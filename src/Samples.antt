-- ===== src/Samples.antt =====
-- Concrete data for the examples: a task, a codec, a cluster and an orchestrator.
use cloud_agent.Common.{pos, String, none, some, List, [], ◌∷◌, ok, err, Result, leb, length}
use cloud_agent.Api.{AgentTaskState, AgentTask, Unstructured, Codec, task_fields}
use cloud_agent.Api.Wire.{Json, obj, str, null, field, end, insert}
use cloud_agent.Cluster.{Call, HttpRequest, ApiError, Pod, SandboxObject, HttpResponse, Cluster}
use cloud_agent.Sandbox.Client.{Sandbox}
use cloud_agent.Orchestrator.Basic.{Orchestrator}

abbrev unmarshalled : Json → Result String Unstructured
unmarshalled (obj fs) = ok (record { object = fs })
unmarshalled _ = err "not an object"

abbrev pub codec : Codec
codec = record {
  marshal_json = λ u. ok (obj u.object);
  unmarshal_json = unmarshalled;
  set_api_version = λ v u. record { object = insert "apiVersion" (str v) u.object };
  set_kind = λ k u. record { object = insert "kind" (str k) u.object };
}

-- a task in a state, with its sandbox's claim and pod
abbrev pub task_in : AgentTaskState → String → String → AgentTask
task_in state claim pod = record {
  api_version = "cloudagent.mayurhalai.github.com/v1alpha1";
  kind = "AgentTask";
  metadata = record {
    name = "task-7-ab";
    namespace = "agents";
    uid = "u1";
    resource_version = "1";
  };
  spec = record {
    prompt = "Fix it";
    sandbox_template = "pi-sandbox-template";
    task_owner = "ada";
    task_owner_email = "1+ada@users.noreply.github.com";
    repo_owner = "acme";
    repo_name = "site";
    issue_number = pos 7;
    task_type = "pr";
  };
  status = record {
    state = state;
    retries = pos 0;
    sandbox_claim_name = claim;
    sandbox_name = "";
    pod_name = pod;
  };
}

abbrev pub stored : AgentTask → Unstructured
stored t = record { object = task_fields t }

abbrev pub exited_pod : Pod
exited_pod = record {
  name = "pod-1";
  phase = "Running";
  container_statuses = none ∷ some (pos 0) ∷ [];
  pod_ip = "10.0.0.1";
}

abbrev pub waiting_pod : Pod
waiting_pod = record {
  name = "pod-1";
  phase = "Running";
  container_statuses = none ∷ [];
  pod_ip = "";
}

abbrev pub ready_sandbox : SandboxObject
ready_sandbox = record {
  name = "sandbox-1";
  annotations = [];
  conditions = ("Ready", "True") ∷ [];
  pod_ips = "10.0.0.1" ∷ [];
}

abbrev tokens_document : Json
tokens_document = obj (field "gitHubToken" (str "g") (field "callbackToken" (str "c") end))

-- servers that issue tokens and take no task
abbrev pub tokens_answer : List Call → HttpRequest → Result String HttpResponse
tokens_answer h r = elim r.body [
  | none ↦ ok (record { status = 200; body = ""; document = ok tokens_document })
  | some _ ↦ ok (record { status = 500; body = "busy"; document = ok null })
]

-- A cluster that holds one task and one pod, whose claims are deleted or not, and whose servers
-- issue tokens but take no task. Its context is done once twenty calls have been made.
abbrev pub cluster_with : Unstructured → Result ApiError Pod → Result ApiError (Unit {0}) → Cluster
cluster_with u pod deleted = record {
  get_task = λ h ns name. ok u;
  list_tasks = λ h ns. ok (u ∷ []);
  update_status = λ h ns v. ok v;
  update = λ h ns v. ok v;
  delete_task = λ h ns name. ok tt;
  get_pod = λ h ns name. pod;
  create_event = λ h e. ok tt;
  create_claim = λ h ns warmpool. ok "claim-1";
  get_claim = λ h ns claim. ok "sandbox-1";
  delete_claim = λ h ns claim. deleted;
  get_sandbox = λ h ns sandbox. ok ready_sandbox;
  parse_url = λ url. ok tt;
  send = tokens_answer;
  done = λ h. leb 20 (length h);
  open_watch = λ h resource ns. ok tt;
  random_below = λ h n. 0;
  getenv = λ key. "";
}

abbrev pub orchestrator_on : Cluster → Orchestrator
orchestrator_on cluster = record {
  cluster = cluster;
  codec = codec;
  namespace = "agents";
  sandbox_url = "http://router";
  max_retries = 2;
  webhook_client = record {
    url = "http://listener";
    auth_username = "sandbox-orchestrator";
    auth_password = "pw";
  };
}

abbrev pub cluster_sending :
    Unstructured → (List Call → HttpRequest → Result String HttpResponse) → Cluster
cluster_sending u send = record (cluster_with u (ok exited_pod) (ok tt)) { send = send }

abbrev pub sandbox : Sandbox
sandbox = record {
  api_url = "http://router";
  claim_name = "claim-1";
  sandbox_name = "sandbox-1";
  pod_name = "sandbox-1";
  namespace = "agents";
  pod_ip = "10.0.0.1";
}

-- the calls that provision it
abbrev pub provisioned : List Call
provisioned =
    Call.get_pod "agents" "sandbox-1"
    ∷ Call.get_sandbox "agents" "sandbox-1"
    ∷ Call.get_claim "agents" "claim-1"
    ∷ Call.create_claim "agents" "pi-sandbox-warmpool"
    ∷ []
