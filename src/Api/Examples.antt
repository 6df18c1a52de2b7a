-- ===== src/Api/Examples.antt =====
-- The conversions on a concrete task.
use cloud_agent.Common.{ok, ◌≡◌, refl, ◌≢◌, arith, eq_iff}
use cloud_agent.Api.{
  AgentTask, running, from_unstructured, to_unstructured, state_text, state_of_text, ◌>>=◌,
}
use cloud_agent.Api.RoundTrip.{IsCodec, typed, to_unstructured-from_unstructured}
use cloud_agent.Samples.{codec, task_in}

abbrev task : AgentTask
task = task_in running "claim-1" "pod-1"

codec-IsCodec : IsCodec codec
codec-IsCodec = record {
  marshals = λ u. refl;
  unmarshals = λ fs k given found. refl;
  sets_api_version = λ v u. refl;
  sets_kind = λ k u. refl;
}

named : task.kind ≢ ""
named e = ground (arith, eq_iff "AgentTask" "")

canonical : state_of_text (state_text running) ≡ running
unfolding state_of_text state_text
canonical = refl

to_unstructured-from_unstructured_example :
    (to_unstructured codec task >>= from_unstructured codec) ≡ ok (typed task)
to_unstructured-from_unstructured_example =
    to_unstructured-from_unstructured codec task codec-IsCodec named canonical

- - - -

Which of the lines above carry the string "typed"? Pick them out and copy them.

use cloud_agent.Api.RoundTrip.{IsCodec, typed, to_unstructured-from_unstructured}
    (to_unstructured codec task >>= from_unstructured codec) ≡ ok (typed task)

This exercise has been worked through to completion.